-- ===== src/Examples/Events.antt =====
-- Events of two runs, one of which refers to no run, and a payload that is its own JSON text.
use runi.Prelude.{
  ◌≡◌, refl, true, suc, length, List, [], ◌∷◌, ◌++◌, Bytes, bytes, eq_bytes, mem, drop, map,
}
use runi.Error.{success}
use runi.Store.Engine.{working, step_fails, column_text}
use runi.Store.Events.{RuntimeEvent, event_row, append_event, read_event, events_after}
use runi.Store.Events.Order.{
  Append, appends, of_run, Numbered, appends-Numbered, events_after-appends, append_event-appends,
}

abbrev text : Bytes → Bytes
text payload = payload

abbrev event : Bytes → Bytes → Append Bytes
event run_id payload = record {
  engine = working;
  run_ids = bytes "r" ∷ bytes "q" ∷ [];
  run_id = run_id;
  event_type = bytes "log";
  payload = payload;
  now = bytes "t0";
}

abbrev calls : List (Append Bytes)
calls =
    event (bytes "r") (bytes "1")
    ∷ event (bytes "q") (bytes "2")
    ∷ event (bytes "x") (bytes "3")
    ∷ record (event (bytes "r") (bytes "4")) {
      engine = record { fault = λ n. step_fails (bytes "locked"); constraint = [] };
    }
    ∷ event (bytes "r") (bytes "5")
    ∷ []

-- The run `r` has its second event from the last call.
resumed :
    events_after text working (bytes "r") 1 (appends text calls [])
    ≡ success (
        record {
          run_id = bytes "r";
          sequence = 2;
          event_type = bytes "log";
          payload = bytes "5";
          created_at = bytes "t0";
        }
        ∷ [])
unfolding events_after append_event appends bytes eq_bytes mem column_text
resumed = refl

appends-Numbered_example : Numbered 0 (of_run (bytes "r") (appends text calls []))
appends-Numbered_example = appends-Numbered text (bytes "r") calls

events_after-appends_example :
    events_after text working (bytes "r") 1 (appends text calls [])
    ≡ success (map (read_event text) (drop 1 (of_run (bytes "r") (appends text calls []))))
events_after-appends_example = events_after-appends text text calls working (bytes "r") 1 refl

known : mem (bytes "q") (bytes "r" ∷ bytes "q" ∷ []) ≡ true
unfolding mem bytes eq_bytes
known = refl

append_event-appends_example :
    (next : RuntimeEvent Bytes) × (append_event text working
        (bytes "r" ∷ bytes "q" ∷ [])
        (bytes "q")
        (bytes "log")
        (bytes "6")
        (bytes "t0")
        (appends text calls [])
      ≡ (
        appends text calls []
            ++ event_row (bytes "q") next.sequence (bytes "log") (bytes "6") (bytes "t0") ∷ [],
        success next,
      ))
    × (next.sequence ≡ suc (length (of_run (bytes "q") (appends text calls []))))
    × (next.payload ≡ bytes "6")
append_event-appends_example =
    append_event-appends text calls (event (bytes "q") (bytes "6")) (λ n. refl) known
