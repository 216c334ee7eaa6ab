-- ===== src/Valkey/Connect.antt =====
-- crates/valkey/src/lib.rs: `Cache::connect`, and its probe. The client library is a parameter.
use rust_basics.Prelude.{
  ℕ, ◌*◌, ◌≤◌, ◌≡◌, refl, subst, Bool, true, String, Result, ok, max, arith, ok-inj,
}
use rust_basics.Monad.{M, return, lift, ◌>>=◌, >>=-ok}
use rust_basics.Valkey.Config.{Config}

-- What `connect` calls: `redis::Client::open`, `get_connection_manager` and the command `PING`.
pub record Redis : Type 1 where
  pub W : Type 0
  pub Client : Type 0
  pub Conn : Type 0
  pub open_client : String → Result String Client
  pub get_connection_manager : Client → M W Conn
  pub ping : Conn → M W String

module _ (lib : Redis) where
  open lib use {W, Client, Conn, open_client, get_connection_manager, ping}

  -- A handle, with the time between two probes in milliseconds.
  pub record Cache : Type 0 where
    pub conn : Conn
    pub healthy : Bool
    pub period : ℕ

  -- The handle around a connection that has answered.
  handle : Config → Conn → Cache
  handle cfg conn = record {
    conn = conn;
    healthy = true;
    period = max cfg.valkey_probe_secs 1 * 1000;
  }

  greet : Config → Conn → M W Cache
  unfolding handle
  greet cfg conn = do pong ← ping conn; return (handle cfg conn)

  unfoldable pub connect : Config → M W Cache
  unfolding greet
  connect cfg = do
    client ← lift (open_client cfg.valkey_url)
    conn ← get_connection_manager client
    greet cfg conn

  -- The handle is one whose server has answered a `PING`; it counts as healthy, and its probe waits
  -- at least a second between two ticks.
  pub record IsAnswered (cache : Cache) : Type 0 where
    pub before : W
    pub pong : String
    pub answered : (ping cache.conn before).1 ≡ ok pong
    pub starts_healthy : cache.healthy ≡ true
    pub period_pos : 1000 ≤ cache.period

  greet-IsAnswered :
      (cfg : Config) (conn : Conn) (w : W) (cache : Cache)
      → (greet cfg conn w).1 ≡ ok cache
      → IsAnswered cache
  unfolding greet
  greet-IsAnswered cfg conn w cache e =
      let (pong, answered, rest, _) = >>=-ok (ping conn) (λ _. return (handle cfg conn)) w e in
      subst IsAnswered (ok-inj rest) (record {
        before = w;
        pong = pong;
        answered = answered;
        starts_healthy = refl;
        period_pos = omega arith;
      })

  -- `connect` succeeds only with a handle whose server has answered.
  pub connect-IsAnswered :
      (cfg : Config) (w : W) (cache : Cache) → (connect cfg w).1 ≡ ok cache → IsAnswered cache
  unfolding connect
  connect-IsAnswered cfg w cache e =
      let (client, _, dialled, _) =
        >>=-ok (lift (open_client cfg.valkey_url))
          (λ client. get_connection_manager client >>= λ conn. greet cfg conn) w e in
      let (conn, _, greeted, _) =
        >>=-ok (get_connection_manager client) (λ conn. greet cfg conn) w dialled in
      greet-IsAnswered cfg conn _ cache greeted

^^^^

Return the span of lines in the data above that opens at the line with "unfolding mem bytes eq_bytes" and closes at the line with "module _ (lib : Redis) where", exactly, ends included, nothing else.

unfolding mem bytes eq_bytes
known = refl

append_event-appends_example :
    (next : RuntimeEvent Bytes) × (append_event text working
        (bytes "r" ∷ bytes "q" ∷ [])
        (bytes "q")
        (bytes "log")
        (bytes "6")
        (bytes "t0")
        (appends text calls [])
      ≡ (
        appends text calls []
            ++ event_row (bytes "q") next.sequence (bytes "log") (bytes "6") (bytes "t0") ∷ [],
        success next,
      ))
    × (next.sequence ≡ suc (length (of_run (bytes "q") (appends text calls []))))
    × (next.payload ≡ bytes "6")
append_event-appends_example =
    append_event-appends text calls (event (bytes "q") (bytes "6")) (λ n. refl) known
repository 216c334ee7eaa6ab
-- ===== src/Valkey/Connect.antt =====
-- crates/valkey/src/lib.rs: `Cache::connect`, and its probe. The client library is a parameter.
use rust_basics.Prelude.{
  ℕ, ◌*◌, ◌≤◌, ◌≡◌, refl, subst, Bool, true, String, Result, ok, max, arith, ok-inj,
}
use rust_basics.Monad.{M, return, lift, ◌>>=◌, >>=-ok}
use rust_basics.Valkey.Config.{Config}

-- What `connect` calls: `redis::Client::open`, `get_connection_manager` and the command `PING`.
pub record Redis : Type 1 where
  pub W : Type 0
  pub Client : Type 0
  pub Conn : Type 0
  pub open_client : String → Result String Client
  pub get_connection_manager : Client → M W Conn
  pub ping : Conn → M W String

module _ (lib : Redis) where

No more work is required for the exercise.